**EXERCISE GOAL:** Please work out how many lines in the entries below include the string "that", and reply with the number alone.

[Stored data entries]
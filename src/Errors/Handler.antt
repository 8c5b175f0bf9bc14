-- ===== src/Errors/Handler.antt =====
-- backend/src/middleware/errorHandler.js: every error becomes one HTTP answer.
use transactguard.Prelude.{
  ℕ, ◌≡◌, refl, Bool, true, false, not, ◌&&◌, Option, none, some, arith, leb, if◌then◌else◌,
}
use transactguard.Errors.{Code, ApiError}

-- `err.type` of the errors that express.json() raises.
pub data ParseType : Type 0 where
  parse_failed too_large : ParseType

-- What reaches the handler: an `ApiError`, an escaped `ZodError`, or any other thrown value with
-- the fields that the handler reads. A `code` that it does not know is `none`.
pub data Thrown : Type 0 where
  api : ApiError → Thrown
  zod : Thrown
  other : (type : Option ParseType) (code : Option Code) (init_error : Bool) → Thrown

-- `{ statusCode, code }`, and whether the message is a text that the error brought along itself.
pub record Answer : Type 0 where
  pub status_code : ℕ
  pub code : Code
  pub own_message : Bool

abbrev answer : ℕ → Code → Answer
answer n c = record { status_code = n; code = c; own_message = false }

-- The last two tests of `normalise`.
normalise_rest : Option Code → Bool → Answer
normalise_rest (some Code.econnrefused) init_error = answer 503 Code.service_unavailable
normalise_rest c true = answer 503 Code.service_unavailable
normalise_rest c false = answer 500 Code.internal_server_error

-- The `switch` over Prisma's codes.
normalise_code : Option Code → Bool → Answer
unfolding normalise_rest
normalise_code (some Code.p2002) init_error = answer 409 Code.unique_constraint
normalise_code (some Code.p2025) init_error = answer 404 Code.not_found
normalise_code (some Code.p2003) init_error = answer 400 Code.foreign_key_constraint
normalise_code c init_error = normalise_rest c init_error

pub normalise : Thrown → Answer
unfolding normalise_code
normalise (api e) = record { status_code = e.status_code; code = e.code; own_message = true }
normalise zod = answer 400 Code.validation_error
normalise (other (some parse_failed) c init_error) = answer 400 Code.malformed_json
normalise (other (some too_large) c init_error) = answer 413 Code.payload_too_large
normalise (other none c init_error) = normalise_code c init_error

-- What `errorHandler` sends: `clientMessage` is the thrown value's own message only outside
-- production or where `normalise` took it over.
pub record Sent : Type 0 where
  pub status_code : ℕ
  pub code : Code
  pub shows_own_message : Bool

pub error_handler : Bool → Thrown → Sent
unfolding normalise
error_handler is_production err =
    let a = normalise err in
    record {
      status_code = a.status_code;
      code = a.code;
      shows_own_message =
          if leb 500 a.status_code && not is_production then true else a.own_message;
    }

abbrev pub is_api : Thrown → Bool
is_api (api e) = true
is_api _ = false

-- In production the handler shows a client the thrown value's own message exactly when the value
-- is an `ApiError`.
pub error_handler_reveals_only_api :
    (err : Thrown) → (error_handler true err).shows_own_message ≡ is_api err
unfolding error_handler
error_handler_reveals_only_api (api e) = ground arith
error_handler_reveals_only_api zod = refl
error_handler_reveals_only_api (other t c i) = ground arith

**ANSWER FOR THE TASK:** 3